§ **WHAT THE TASK REQUIRES**
Check each line of the data below for the string "filename". Then give the number of lines that have it, without anything else.

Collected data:
────────

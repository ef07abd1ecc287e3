-- ===== src/Ftp/Events/Control/Segments.antt =====
-- The loop of `process_control_events` over the lines of its buffer, source/ftp.c: it does not matter how
-- the client's bytes are split over its reads.
use ftpii.Base.{
  ℕ, zero, suc, ◌+◌, ◌<◌, ◌≡◌, refl, sym, ap, ◌∙◌, Bool, true, false, ◌++◌, Option, none, some,
  arith, Bytes, if◌then◌else◌, length, length-append,
}
use ftpii.Os.{Os}
use ftpii.World.{
  Client, Callback, World, M, pure, continue, Out, done, fault, stuck, exited, load, ◌>>=◌,
}
use ftpii.Ftp.Events.Control.Lines.{find_crlf}
use ftpii.Ftp.Events.Control.Cut.{First, find_crlf-First}
use ftpii.Ftp.Events.Control.{Rest, keep, hang_up, transferring, process_line, process_lines}
use ftpii.Ftp.Events.Control.Rounds.{
  continue-ap, line_step, process_lines-line, process_lines-none, rounds-same,
}

continue_assoc :
    {A B C : Type 0} (o : Out A) (f : A → M B) (g : B → M C)
    → continue (continue o f) g ≡ continue o (λ a w. continue (f a w) g)
continue_assoc (done a w) f g = refl
continue_assoc fault f g = refl
continue_assoc stuck f g = refl
continue_assoc (exited w) f g = refl

module _ ⦃os : Os⦄ where
  -- The bytes `t` come after what is left of the buffer.
  abbrev pub go_on : ℕ → ℕ → Bytes → Rest → M Rest
  go_on fuel client t (keep next) = process_lines (length (next ++ t) + 1) fuel client (next ++ t)
  go_on fuel client t hang_up = pure hang_up

  -- The test for a transfer changes nothing.
  data Test (client : ℕ) (w : World) : Type 0 where
    told : (busy : Bool) → transferring client w ≡ done busy w → Test client w
    dead : transferring client w ≡ fault → Test client w

  callback-Test :
      (o : Option Callback) (w : World)
      → (busy : Bool) × ((elim o as (λ _. M Bool) [ none ↦ pure false | some _ ↦ pure true ]) w
          ≡ done busy w)
  callback-Test none w = (false, refl)
  callback-Test (some c) w = (true, refl)

  heap-Test : (client : ℕ) (w : World) (o : Option Client) → w.ftp.heap client ≡ o → Test client w
  unfolding transferring load
  heap-Test client w none e = dead (rw (e, transferring, load) refl)
  heap-Test client w (some c) e =
      let (busy, k) = callback-Test c.data_callback w in told busy (rw (e, transferring, load) k)

  line_step-dead :
      (fuel client : ℕ) (s line : Bytes) (m : M Rest) (w : World)
      → transferring client w ≡ fault
      → line_step fuel client s line m w ≡ fault
  unfolding line_step
  line_step-dead fuel client s line m w e = rw (e, line_step) refl

  line_step-told :
      (fuel client : ℕ) (s line : Bytes) (m : M Rest) (w : World) (busy : Bool)
      → transferring client w ≡ done busy w
      → line_step fuel client s line m w
        ≡ (if busy
              then pure (keep s)
              else (do ok ← process_line fuel client line; if ok then m else pure hang_up))
            w
  unfolding line_step
  line_step-told fuel client s line m w busy e = rw (e, line_step) refl

  if-onward :
      (b : Bool) (m m' : M Rest) (t : Bytes) (fuel client : ℕ)
      → ((w : World) → m w ≡ continue (m' w) (go_on fuel client t))
      → (w : World)
      → (if b then m else pure hang_up) w
        ≡ continue ((if b then m' else pure hang_up) w) (go_on fuel client t)
  if-onward true m m' t fuel client h w = h w
  if-onward false m m' t fuel client h w = refl

  -- A line is taken in the same way whether what follows `s` is there already or not. Where the client
  -- has a transfer, the line waits.
  line_step-onward :
      (fuel client : ℕ) (s line rest t : Bytes) (m m' : M Rest) (w : World)
      → find_crlf (s ++ t) ≡ some (line, rest)
      → ((v : World) → m v ≡ continue (m' v) (go_on fuel client t))
      → Test client w
      → line_step fuel client (s ++ t) line m w
        ≡ continue (line_step fuel client s line m' w) (go_on fuel client t)
  line_step-onward fuel client s line rest t m m' w h g (dead e) =
      line_step-dead fuel client (s ++ t) line m w e
      ∙ ap (λ (o : Out Rest). continue o (go_on fuel client t))
          (sym (line_step-dead fuel client s line m' w e))
  line_step-onward fuel client s line rest t m m' w h g (told true e) =
      let again =
        process_lines-line (length (s ++ t)) fuel client (s ++ t) line rest w h
        ∙ line_step-told fuel client (s ++ t) line
            (process_lines (length (s ++ t)) fuel client rest) w true e in
      let one : length (s ++ t) + 1 ≡ suc (length (s ++ t)) = omega arith in
      line_step-told fuel client (s ++ t) line m w true e
      ∙ sym again
      ∙ ap (λ n. process_lines n fuel client (s ++ t) w) (sym one)
      ∙ ap (λ (o : Out Rest). continue o (go_on fuel client t))
          (sym (line_step-told fuel client s line m' w true e))
  line_step-onward fuel client s line rest t m m' w h g (told false e) =
      line_step-told fuel client (s ++ t) line m w false e
      ∙ continue-ap (process_line fuel client line w) _ _ (λ ok. if-onward ok m m' t fuel client g)
      ∙ sym (continue_assoc (process_line fuel client line w) _ _)
      ∙ ap (λ (o : Out Rest). continue o (go_on fuel client t))
          (sym (line_step-told fuel client s line m' w false e))

  found-go_on :
      (m n fuel client : ℕ) (s t : Bytes) (w : World) (o : Option (Bytes × Bytes))
      → find_crlf s ≡ o
      → First s o
      → length s < suc m
      → length (s ++ t) < suc n
      → ((rest : Bytes) (v : World)
          → length rest < m
          → length (rest ++ t) < n
          → process_lines n fuel client (rest ++ t) v
            ≡ continue (process_lines m fuel client rest v) (go_on fuel client t))
      → process_lines (suc n) fuel client (s ++ t) w
        ≡ continue (process_lines (suc m) fuel client s w) (go_on fuel client t)
  found-go_on m n fuel client s t w none e f h k ih =
      rounds-same (suc n) (length (s ++ t) + 1) fuel client (s ++ t) w k (omega arith)
      ∙ ap (λ (o : Out Rest). continue o (go_on fuel client t))
          (sym (process_lines-none m fuel client s w e))
  found-go_on m n fuel client s t w (some (line, rest)) e f h k ih =
      process_lines-line n fuel client (s ++ t) line (rest ++ t) w (f.2 t)
      ∙ line_step-onward fuel client s line (rest ++ t) t (process_lines n fuel client (rest ++ t))
          (process_lines m fuel client rest) w (f.2 t)
          (λ v.
            ih rest v (omega (arith, f.1, h))
              (omega (arith, f.1, k, length-append s t, length-append rest t)))
          (heap-Test client w (w.ftp.heap client) refl)
      ∙ ap (λ (o : Out Rest). continue o (go_on fuel client t))
          (sym (process_lines-line m fuel client s line rest w e))

  segments_on :
      (m n fuel client : ℕ) (s t : Bytes) (w : World)
      → length s < m
      → length (s ++ t) < n
      → process_lines n fuel client (s ++ t) w
        ≡ continue (process_lines m fuel client s w) (go_on fuel client t)
  segments_on zero n fuel client s t w h k = absurd (omega arith)
  segments_on (suc m) zero fuel client s t w h k = absurd (omega arith)
  segments_on (suc m) (suc n) fuel client s t w h k =
      found-go_on m n fuel client s t w (find_crlf s) refl (find_crlf-First s) h k
        (λ rest v h' k'. segments_on m n fuel client rest t v h' k')

  -- It makes no difference how the client's bytes are split over reads: the loop over a buffer that
  -- holds `s` and then `t` does what the loop over `s`, and then over what that kept with `t` behind
  -- it, does, with the rounds that `take_bytes` gives each of them; where the loop over `s` hangs up,
  -- so does the one over both.
  pub process_lines-append :
      (fuel client : ℕ) (s t : Bytes) (w : World)
      → process_lines (length (s ++ t) + 1) fuel client (s ++ t) w
        ≡ continue (process_lines (length s + 1) fuel client s w) (go_on fuel client t)
  process_lines-append fuel client s t w =
      segments_on (length s + 1) (length (s ++ t) + 1) fuel client s t w (omega arith) (omega arith)
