-- ===== src/Ftp/Events/Ending.antt =====
-- The end of a data connection, source/ftp.c: the reply, and what becomes of the client where it fails.
use ftpii.Base.{
  ℕ, ◌≡◌, ap, subst, ◌∙◌, inl, inr, ◌⊎◌, Bool, true, false, ◌∷◌, ◌++◌, [], some, none, arith, Bytes,
  codes, decimal, if◌then◌else◌,
}
use ftpii.Os.{Code, S32, val, err, Os}
use ftpii.World.{World, Ftp, Client, M, pure}
use ftpii.World.Triple.{Ensures, ended, Ensures-mono, Ensures-bind}
use ftpii.Net.Transfer.{Delivers}
use ftpii.Ftp.Reply.{write_reply}
use ftpii.Ftp.Reply.Line.{write_reply-Delivers}
use ftpii.Ftp.Data.{transfer_error}
use ftpii.Ftp.Job.{idle, HasJob, owns}
use ftpii.Ftp.Cleanup.{cleanup_client}
use ftpii.Ftp.Cleanup.Release.{
  IsOpen, Touches, Released, released, cleanup_data_resources-Touches, cleanup_client-Released,
}
use ftpii.Ftp.Events.{end_transfer}

-- The reply at the end of a transfer.
abbrev pub ending_line : Bool → Bytes
ending_line true =
    decimal 226
    ++ (b' ' ∷ (codes "Closing data connection, transfer successful." ++ b'\r' ∷ b'\n' ∷ []))
ending_line false =
    decimal 520
    ++ (b' '
        ∷ (codes "Closing data connection, error occurred during transfer." ++ b'\r' ∷ b'\n' ∷ []))

-- How a transfer of the client `c` at `p` ends. In the state `u` the client is left without it, its
-- iterator, if it is one of the program's own, closed; then the whole reply is sent, or a first part of it, and the client let go.
pub data Ending (p : ℕ) (c : Client) (success : Bool) (w w' : World) : Type 0 where
  told :
      (u : World)
      → Touches p w.ftp u.ftp (owns c) (λ d. d ≡ released c)
      → Delivers c.socket (ending_line success) u (val 0) w'
      → Ending p c success w w'
  let_go :
      (e : Code) (u v : World)
      → Touches p w.ftp u.ftp (owns c) (λ d. d ≡ released c)
      → Delivers c.socket (ending_line success) u (err e) v
      → Released p v.ftp w'.ftp none
      → Ending p c success w w'

module _ ⦃os : Os⦄ where
  reply-Delivers :
      (p : ℕ) (success : Bool) (c : Client) (w : World)
      → w.ftp.heap p ≡ some c
      → Ensures
          ((if success
              then write_reply p 226 (codes "Closing data connection, transfer successful.")
              else write_reply p 520 transfer_error)
            w)
          (Delivers c.socket (ending_line success) w)
  reply-Delivers p true c w h =
      write_reply-Delivers p 226 (codes "Closing data connection, transfer successful.") c w h
        (omega arith) (omega arith)
  reply-Delivers p false c w h =
      write_reply-Delivers p 520 transfer_error c w h (omega arith) (omega arith)

  replied-Ending :
      (p : ℕ) (success : Bool) (c : Client) (w u : World) (r : S32) (v : World)
      → Touches p w.ftp u.ftp (owns c) (λ d. d ≡ released c)
      → Delivers c.socket (ending_line success) u r v
      → v.ftp.heap p ≡ some (released c)
      → Ensures
          ((elim r as (λ _. M (Unit {0})) [ err _ ↦ cleanup_client p | val _ ↦ pure tt ]) v)
          (λ _ w'. Ending p c success w w')
  replied-Ending p success c w u (val n) v t d h = ended (told u t (zero_only d.result))
    where
      zero_only :
          (val n ≡ val 0) ⊎ ((e : Code) × (val n ≡ err e))
          → Delivers c.socket (ending_line success) u (val 0) v
      zero_only (inl e) = subst (λ r. Delivers c.socket (ending_line success) u r v) e d
      zero_only (inr (x, e)) = absurd (cc)
  replied-Ending p success c w u (err e) v t d h =
      Ensures-mono (cleanup_client-Released p (released c) v h idle tt) λ _ w' r. let_go e u v t d r

  -- For a live client whose transfer is as one was set up and whose directory iterator, if it is one
  -- of the program's own, is open, the end of the transfer always comes back, with success or without. The client is left without the
  -- transfer, and such an iterator is closed; then the network took the whole reply, 226 on success and 520
  -- otherwise, and nothing else of the server differs; or the reply fails after a first part of it, and
  -- the client is gone from the heap and from the table and no longer counted.
  pub end_transfer-Ending :
      (p : ℕ) (success : Bool) (c : Client) (w : World)
      → w.ftp.heap p ≡ some c
      → HasJob c
      → IsOpen (owns c) w.ftp.dirs
      → Ensures (end_transfer p success w) (λ _ w'. Ending p c success w w')
  unfolding end_transfer
  end_transfer-Ending p success c w h j o =
      Ensures-bind (cleanup_data_resources-Touches p c w h j o) λ _ u t.
        let here : u.ftp.heap p ≡ some (released c) = t.here ∙ ap some t.becomes in
        Ensures-bind (reply-Delivers p success (released c) u here) λ r v d.
          replied-Ending p success c w u r v t d (ap (λ (f : Ftp). f.heap p) d.talks.ftp ∙ here)
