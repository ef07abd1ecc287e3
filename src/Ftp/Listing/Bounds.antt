-- ===== src/Ftp/Listing/Bounds.antt =====
-- The buffers of `send_nlst` and `send_list`, source/ftp.c.
use ftpii.Base.{
  ℕ, zero, suc, ◌+◌, ◌-◌, ◌≤◌, ◌<◌, ◌^◌, ◌≡◌, refl, ap, ◌∷◌, ◌++◌, arith, Bytes, codes, decimal,
  length, length-append,
}
use ftpii.Os.{Stat, Os}
use ftpii.Ftp.Reply.{crlf}
use ftpii.Ftp.Numbers.Decimals.{length-digits_of}
use ftpii.Ftp.Listing.{spaces, padded, list_line, nlst_line}

length-spaces : (n : ℕ) → length (spaces n) ≡ n
length-spaces zero = refl
length-spaces (suc n) = ap suc (length-spaces n)

length-padded : (n : ℕ) → n < 10 ^ 12 → length (padded n) ≤ 12
unfolding padded decimal
length-padded n h =
    let l : length (decimal n) ≤ 12 = length-digits_of (n + 1) n 12 (omega arith) h in
    omega (
      arith,
      l,
      length-append (spaces (10 - length (decimal n))) (decimal n),
      length-spaces (10 - length (decimal n)),
    )

module _ ⦃os : Os⦄ where
  -- Where the name with its terminator fits in MAXPATHLEN bytes, the date is no longer than its 12
  -- bytes, and the size has at most 12 digits, the line of `send_list` and its terminator fit in the
  -- MAXPATHLEN + 56 + 2 + 1 bytes of `line`, and the line of `send_nlst` and its terminator in the
  -- MAXPATHLEN + 2 bytes of `filename`.
  pub length-list_line :
      (filename : Bytes) (st : Stat)
      → length filename + 1 ≤ os.maxpathlen
      → length (os.timestamp st.mtime) ≤ 12
      → st.size < 10 ^ 12
      → (length (list_line filename st) + 1 ≤ os.maxpathlen + 56 + 2 + 1)
        × (length (nlst_line filename st) + 1 ≤ os.maxpathlen + 2)
  unfolding list_line nlst_line
  length-list_line filename st h k s =
      let date = os.timestamp st.mtime in
      let tail = b' ' ∷ (date ++ (b' ' ∷ (filename ++ crlf))) in
      let l = length-padded st.size s in
      (
        omega (
          arith,
          h,
          k,
          l,
          length-append (codes "rwxr-xr-x    1 0        0     ") (padded st.size ++ tail),
          length-append (padded st.size) tail,
          length-append date (b' ' ∷ (filename ++ crlf)),
          length-append filename crlf,
        ),
        omega (arith, h, length-append filename crlf),
      )
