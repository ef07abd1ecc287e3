-- ===== src/Ftp/Server.antt =====
-- `process_ftp_events` of source/ftp.c: one round over the listening socket and the clients.
pub mod Sound
use ftpii.Base.{ℕ, Bool, not, if◌then◌else◌}
use ftpii.Os.{S32, Os}
use ftpii.World.{M, pure, ◌>>=◌, ◌>>◌}
use ftpii.Ftp.Cleanup.{max_clients, each_client}
use ftpii.Ftp.Events.{process_data_events}
use ftpii.Ftp.Events.Accept.{process_accept_events}
use ftpii.Ftp.Events.Control.{transferring, process_control_events}

module _ ⦃os : Os⦄ where
  -- the body of the loop at a client
  unfoldable pub serve_client : ℕ → ℕ → M (Unit {0})
  serve_client fuel client = do
    busy ← transferring client
    if busy then process_data_events fuel client else process_control_events fuel client

  -- The result tells whether the network is down.
  unfoldable pub process_ftp_events : ℕ → S32 → M Bool
  process_ftp_events fuel server = do
    up ← process_accept_events fuel server
    each_client (serve_client fuel) max_clients 0
    pure (not up)
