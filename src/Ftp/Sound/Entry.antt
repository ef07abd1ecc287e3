-- ===== src/Ftp/Sound/Entry.antt =====
-- A client more in the heap and the table of source/ftp.c.
use ftpii.Base.{
  ℕ, suc, ◌+◌, ◌<◌, ◌≤◌, ◌%◌, ◌≡◌, refl, sym, ap, subst, ◌∙◌, fun_ext, ◌⊎◌, inl, inr, false, Option,
  none, some, arith, ◌==◌, ==-refl, Bool-cases, Option-cases, Bytes, length,
}
use ftpii.World.{Ftp, Client, update}
use ftpii.Ftp.Job.{HasJob, idle, owns}
use ftpii.Ftp.Cleanup.{max_clients, fill_slot}
use ftpii.Ftp.Cleanup.Release.{IsOpen}
use ftpii.Ftp.Cleanup.Table.{
  In, occupied, length-fill_slot, In-fill_slot, fill_slot-keeps, fill_slot-enters,
  fill_slot-IsDistinct, occupied-fill_slot,
}
use ftpii.Ftp.Events.Accept.{new_client}
use ftpii.Ftp.Sound.{Sound}

-- Nothing is at the next address.
next-free : (u : Ftp) → Sound u → u.heap u.next ≡ none
next-free u s = elim (Option-cases (u.heap u.next)) [
  | inl e ↦ e
  | inr (c, e) ↦ let l = s.fresh u.next c e in absurd (omega arith)
]

pub update-same : (f : ℕ → Option Client) (p : ℕ) (a : Option Client) → update f p a p ≡ a
update-same f p a = rw (==-refl p) refl

update-other :
    (f : ℕ → Option Client) (p q : ℕ) (a : Option Client) → (p == q) ≡ false → update f p a q ≡ f q
update-other f p q a n = rw n refl

-- What an entry in the heap with a client more is.
update-cases :
    (f : ℕ → Option Client) (p q : ℕ) (b c : Client)
    → update f p (some b) q ≡ some c
    → ((p ≡ q) × (c ≡ b)) ⊎ (((p == q) ≡ false) × (f q ≡ some c))
update-cases f p q b c h = elim (Bool-cases (p == q)) [
  | inl e ↦
      let same : p ≡ q = ground arith in
      let here : some b ≡ some c =
        sym (update-same f p (some b)) ∙ ap (update f p (some b)) same ∙ h in
      inl (same, cc)
  | inr n ↦ inr (n, sym (update-other f p q (some b) n) ∙ h)
]

pub Sound-next : (u : Ftp) → Sound u → Sound (record u { next = u.next + 1 })
Sound-next u s = record {
  jobs = s.jobs;
  opens = s.opens;
  apart = s.apart;
  fresh = λ q c e. let l = s.fresh q c e in omega arith;
  fresh_dirs = λ d cursor e. let l = s.fresh_dirs d cursor e in omega arith;
  size = s.size;
  live = s.live;
  listed = s.listed;
  tabled = s.tabled;
  count = s.count;
}

-- A client that was allocated and is gone again.
pub dropped-heap :
    (u : Ftp) (c : Client) → Sound u → update (update u.heap u.next (some c)) u.next none ≡ u.heap
dropped-heap u c s = fun_ext λ q. elim (Bool-cases (u.next == q)) [
  | inl e ↦
      let same : u.next ≡ q = ground arith in
      subst (λ x. update (update u.heap u.next (some c)) u.next none x ≡ u.heap x) same
        (update-same (update u.heap u.next (some c)) u.next none ∙ sym (next-free u s))
  | inr n ↦
      update-other (update u.heap u.next (some c)) u.next q none n
      ∙ update-other u.heap u.next q (some c) n
]

counted_up : (n all : ℕ) → n ≡ all → all < 5 → (n + 1) % 256 ≡ suc all
counted_up n all e h = omega arith

-- A client without a transfer enters the table.
pub Entered-Sound :
    (u : Ftp) (peer : ℕ) (address : Bytes)
    → Sound u
    → occupied u.clients < max_clients
    → Sound (record u {
      heap = update u.heap u.next (some (new_client peer address));
      next = u.next + 1;
      clients = fill_slot u.next u.clients;
      num_clients = (u.num_clients + 1) % 256;
    })
Entered-Sound u peer address s room =
    let p = u.next in
    let b = new_client peer address in
    let space : occupied u.clients < length u.clients =
      subst (λ n. occupied u.clients < n) (sym s.size) room in
    let absent : ¬ In p u.clients =
      λ i. let (c, e) = s.live p i in let l = s.fresh p c e in absurd (omega arith) in
    record {
      jobs = λ q c h. elim (update-cases u.heap p q b c h) [
        | inl (e, k) ↦ subst HasJob (sym k) idle
        | inr (n, e) ↦ s.jobs q c e
      ];
      opens = λ q c h. elim (update-cases u.heap p q b c h) [
        | inl (e, k) ↦ subst (λ x. IsOpen (owns x) u.dirs) (sym k) tt
        | inr (n, e) ↦ s.opens q c e
      ];
      apart = λ q q' d a c h h' o o'. elim (update-cases u.heap p q b a h) [
        | inl (e, k) ↦ let nothing : none ≡ some d = ap owns (sym k) ∙ o in absurd (cc)
        | inr (n, e) ↦ elim (update-cases u.heap p q' b c h') [
          | inl (e', k) ↦ let nothing : none ≡ some d = ap owns (sym k) ∙ o' in absurd (cc)
          | inr (n', e') ↦ s.apart q q' d a c e e' o o'
        ]
      ];
      fresh = λ q c h. elim (update-cases u.heap p q b c h) [
        | inl (e, k) ↦ omega arith
        | inr (n, e) ↦ let l = s.fresh q c e in omega arith
      ];
      fresh_dirs = λ d cursor e. let l = s.fresh_dirs d cursor e in omega arith;
      size = length-fill_slot p u.clients ∙ s.size;
      live = λ q i. elim (In-fill_slot p q u.clients i) [
        | inl e ↦
            (b, subst (λ x. update u.heap p (some b) x ≡ some b) e (update-same u.heap p (some b)))
        | inr more ↦
            let (c, e) = s.live q more in
            let l = s.fresh q c e in (c, update-other u.heap p q (some b) (ground arith) ∙ e)
      ];
      listed = λ q c h. elim (update-cases u.heap p q b c h) [
        | inl (e, k) ↦
            subst (λ x. In x (fill_slot p u.clients)) e (fill_slot-enters p u.clients space)
        | inr (n, e) ↦ fill_slot-keeps p q u.clients (s.listed q c e)
      ];
      tabled = fill_slot-IsDistinct p u.clients absent s.tabled;
      count =
          counted_up u.num_clients (occupied u.clients) s.count room
          ∙ sym (occupied-fill_slot p u.clients space);
    }

pub not_full : (n all : ℕ) → n ≡ all → all ≤ 5 → (n == 5) ≡ false → all < 5
not_full n all e h b = ground arith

────────

§ **OUTPUT FOR THIS TASK**
12